A more successful exploitation of literary narrative is in the concluding chapter, in which Bilsky suggests that Israel’s transformative trials and South Africa’s truth commission belong to a common genre—the exploitation of the legal forum for the achievement of catharsis and reconciliation. The truth commission is associated with regime change,  transformative trials with less conclusive collective traumas, but Bilsky suggests that there is much in common with regard to their political functions.  A lengthy analysis (based primarily on the motion picture directed by Roman Polanski) of Ariel Dorfman’s play, DEATH AND THE MAIDEN is offered as evidence.  (Surely there is relevance in the play’s success in Israel, a fact not mentioned by the author.)  It tells the story of a South American couple, in which the husband has been appointed to chair the country’s truth commission. What is to be done with his wife’s former torturer and rapist under the previous regime, whom she meets by chance and brings home as prisoner?
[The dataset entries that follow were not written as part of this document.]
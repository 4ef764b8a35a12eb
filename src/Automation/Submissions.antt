-- ===== src/Automation/Submissions.antt =====
-- `AgentTransfers` of crates/agent-send-daemon/src/automation.rs: the submissions of the agents and
-- their results.
pub mod Lifecycle
pub mod Permission
pub mod Repeat
pub mod History
use agent_send.Base.{
  ℕ, Text, text, List, [], ◌∷◌, ◌++◌, Bool, true, false, not, ◌&&◌, ◌||◌, Option, none, some,
  if◌then◌else◌, ◌==◌, Text_eq, any,
}
use agent_send.Base.Decimal.{decimal}
use agent_send.Base.Result.{Result, ok, err, ok_or, map_err, reject_if, ◌>>=◌, ◌>>◌}
use agent_send.Base.Exec.{Exec}
use agent_send.Base.Map.{Map, get, insert, values}
use agent_send.Core.Os.{FileSystem}
use agent_send.Core.Request.{TransferRequest}
use agent_send.Registry.Types.{PeerRecord}
use agent_send.Transfer.Types.{TransferEngine, add64}
use agent_send.Transfer.Engine.{validate_submission}
use agent_send.Automation.Types.{
  AutomationError, transfer_not_found, scope_denied, untrusted_peer, transfer, AuthorizedAgent,
  allows_peer, allows_folder, AgentTransferState, submitted, completed, failed, cancelled,
  AgentTransferStatus, AgentTransfer,
}

pub record AgentTransferStateStore : Type 0 where
  pub next_id : ℕ
  pub transfers : Map AgentTransfer

abbrev pub trusts : List PeerRecord → Text → Bool
trusts peers peer_id = any (λ p. p.trusted && p.advertisement.id == peer_id) peers

abbrev pub Store : Type 0 → Type 0
Store = Exec AgentTransferStateStore AutomationError

-- The `find` of `submit`
unfoldable pub find_existing : List AgentTransfer → Text → Text → Option AgentTransferStatus
find_existing [] actor_id key = none
find_existing (t ∷ rest) actor_id key =
    if t.actor_id == actor_id && t.idempotency_key == key
    then some t.status
    else find_existing rest actor_id key

-- `format!("local-{}", state.next_id)`
unfoldable pub local_id : ℕ → Text
unfolding decimal
local_id n = text "local-" ++ decimal n

unfoldable pub add_transfer : Text → Text → ℕ → Store AgentTransferStatus
unfolding local_id
add_transfer actor_id key next s =
    let status : AgentTransferStatus = record {
      transfer_id = local_id next;
      state = submitted;
      error = none;
    } in
    (
      ok status,
      record {
        next_id = next;
        transfers =
            insert s.transfers (local_id next)
              (record { status = status; actor_id = actor_id; idempotency_key = key });
      },
    )

-- What `submit` does once the submission is authorized.
unfoldable pub enter : Text → Text → Store AgentTransferStatus
unfolding add_transfer find_existing
enter actor_id key s = elim (find_existing (values s.transfers) actor_id key) [
  | some existing ↦ (ok existing, s)
  | none ↦ add_transfer actor_id key (add64 s.next_id 1) s
]

module _ (fs : FileSystem) where
  -- `authorize_submission`
  unfoldable pub authorize_submission :
      fs.Disk
      → AuthorizedAgent
      → TransferRequest
      → List PeerRecord
      → TransferEngine
      → Result AutomationError (Unit {0})
  authorize_submission d actor r peers engine = do
    reject_if (not (allows_peer actor.scope r.peer_id)) (scope_denied (text "peer"))
    reject_if
        (not (allows_folder actor.scope r.source_folder_id)
          || not (allows_folder actor.scope r.destination_folder_id))
        (scope_denied (text "folder"))
    reject_if (not (trusts peers r.peer_id)) (untrusted_peer r.peer_id)
    map_err transfer (validate_submission fs d engine r)

  abbrev when_ok :
      Result AutomationError (Unit {0}) → Store AgentTransferStatus → Store AgentTransferStatus
  when_ok (ok u) m s = m s
  when_ok (err e) m s = (err e, s)

  -- `AgentTransfers::submit`
  unfoldable pub submit :
      fs.Disk
      → AuthorizedAgent
      → TransferRequest
      → List PeerRecord
      → TransferEngine
      → Store AgentTransferStatus
  unfolding authorize_submission enter
  submit d actor r peers engine =
      when_ok (authorize_submission d actor r peers engine) (enter actor.id r.idempotency_key)

abbrev owned : Option AgentTransfer → Text → Option AgentTransfer
owned none actor_id = none
owned (some t) actor_id = if t.actor_id == actor_id then some t else none

-- `AgentTransfers::for_actor`
unfoldable pub for_actor :
    AuthorizedAgent → Text → AgentTransferStateStore → Result AutomationError AgentTransfer
for_actor actor transfer_id s =
    ok_or (owned (get s.transfers transfer_id) actor.id) transfer_not_found

-- `AgentTransfers::status`
unfoldable pub status :
    AuthorizedAgent → Text → AgentTransferStateStore → Result AutomationError AgentTransferStatus
unfolding for_actor
status actor transfer_id s = for_actor actor transfer_id s >>= λ t. ok t.status

abbrev pub is_submitted : AgentTransferState → Bool
is_submitted submitted = true
is_submitted completed = false
is_submitted failed = false
is_submitted cancelled = false

-- The change that `update_result` makes to a status. `cancel` leaves the error as it is.
unfoldable pub settle : AgentTransferState → Option Text → AgentTransferStatus → AgentTransferStatus
settle state error s = if is_submitted s.state then record s { state = state; error = error } else s

unfoldable pub settle_cancelled : AgentTransferStatus → AgentTransferStatus
settle_cancelled s = if is_submitted s.state then record s { state = cancelled } else s

abbrev change :
    (AgentTransferStatus → AgentTransferStatus)
    → Text
    → Option AgentTransfer
    → Store AgentTransferStatus
change f transfer_id none s = (err transfer_not_found, s)
change f transfer_id (some t) s = (
  ok (f t.status),
  record s { transfers = insert s.transfers transfer_id (record t { status = f t.status }) },
)

-- `AgentTransfers::update_result`
unfoldable pub update_result :
    AuthorizedAgent → Text → AgentTransferState → Option Text → Store AgentTransferStatus
unfolding settle
update_result actor transfer_id state error s =
    change (settle state error) transfer_id (owned (get s.transfers transfer_id) actor.id) s

-- `AgentTransfers::complete`
unfoldable pub complete : AuthorizedAgent → Text → Store AgentTransferStatus
unfolding update_result
complete actor transfer_id = update_result actor transfer_id completed none

-- `AgentTransfers::fail`
unfoldable pub fail : AuthorizedAgent → Text → Text → Store AgentTransferStatus
unfolding update_result
fail actor transfer_id error = update_result actor transfer_id failed (some error)

-- `AgentTransfers::cancel`
unfoldable pub cancel : AuthorizedAgent → Text → Store AgentTransferStatus
unfolding settle_cancelled
cancel actor transfer_id s =
    change settle_cancelled transfer_id (owned (get s.transfers transfer_id) actor.id) s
What is to be the role of due process of law and the function of punishment?

Bilsky’s discussion of the truth commission in countries that have undergone regime change brings additional light and broader perspective to the subject of transformative justice. [*469] However, she fails to mention what might be considered as an intermediate institution, the investigating commission, created by statute in Israel in 1968, primarily in reaction to a truly traumatic regime crisis, the so-called Lavon Affair. With the outbreak of the second intifada in 2000, severe breaches of public order by Israeli Arabs were met with a forceful reaction on the part of the police, resulting in a number of fatalities. The immediate consequence, in a situation that recalls Kefar Kassem, was the creation of an investigating commission chaired by a Supreme Court judge, whose report went beyond the immediate incident and dealt with basic issues of the status of Israel’s Arab minority.

Bilsky does not neglect the role of intellectual commentators, Israeli and foreign. Hannah Arendt (1994), in her reporting on the Eichmann trial, was critical of certain aspects of the due process issue, as well as of particularism with its forebodings with regard to Israel’s future political culture. Bilsky exploits an analysis of Arendt’s position, generally critical of the trial, to suggest an alternative view. In particular, she uses Arendt’s analytical tools to suggest acceptable procedural departures in the proceedings in the Eichmann situation which would permit the court to perform its function without offending basic notions of justice. The narrative of both the Kastner and the Eichmann trials, as it appears in Pnina Lahav’s (1997) monumental biography of Simon Agranat, is also an important background source. Lahav’s striking success suggests that, in using narrative in legal analysis, there is particular value in the narrative of judicial biography. This is largely absent, as Bilsky tells the story, which is a loss in examining the positions of Judge Benjamin Halevi, who played  a major role in the Kastner, Eichmann, and Kefar Kassim cases.

An earlier generation of observers frequently postulated a sort of Israeli exceptionalism. The ordinary rules of cause and effect did not apply. Witness the hardiness of the “melting pot” metaphor in dealing with the subject of mass immigration, or the various myths woven around Jewish-Arab co-existence. A later period was marked by debunking, by the demolishing of myths on which Israeli exceptionalism rested. Exceptionalism is one aspect of particularism, which is the bete noir of many of the narratives in the political trials here analyzed. Leora Bilsky’s study takes the facts as they are and examines them on the basis of recognized criteria.   She then uses her findings as a basis for proposing theoretical formulae of universal applicability.  This search for the universal is based on the particular, but constitutes the antithesis of particularism.

REFERENCES:

Arendt, Hannah.  1994.  EICHMANN IN JERUSALEM: A REPORT ON THE BANALITY OF EVIL (rev. ed.).  New York: Penguin.

Dorfman, Ariel.  1996.  DEATH AND THE MAIDEN.  London: Nick Hern Books.

Lahav, Pnina.  1997.  JUDGMENT IN JERUSALEM: CHIEF JUDGMENT SIMON AGRANAT AND THE ZIONIST CENTURY. Berkeley: University of California Press. [*470]

Oz, Amos.  1998.  ALL OUR HOPES (Kol Ha-Tikvot , Hebrew only).  Jerusalem: Keter.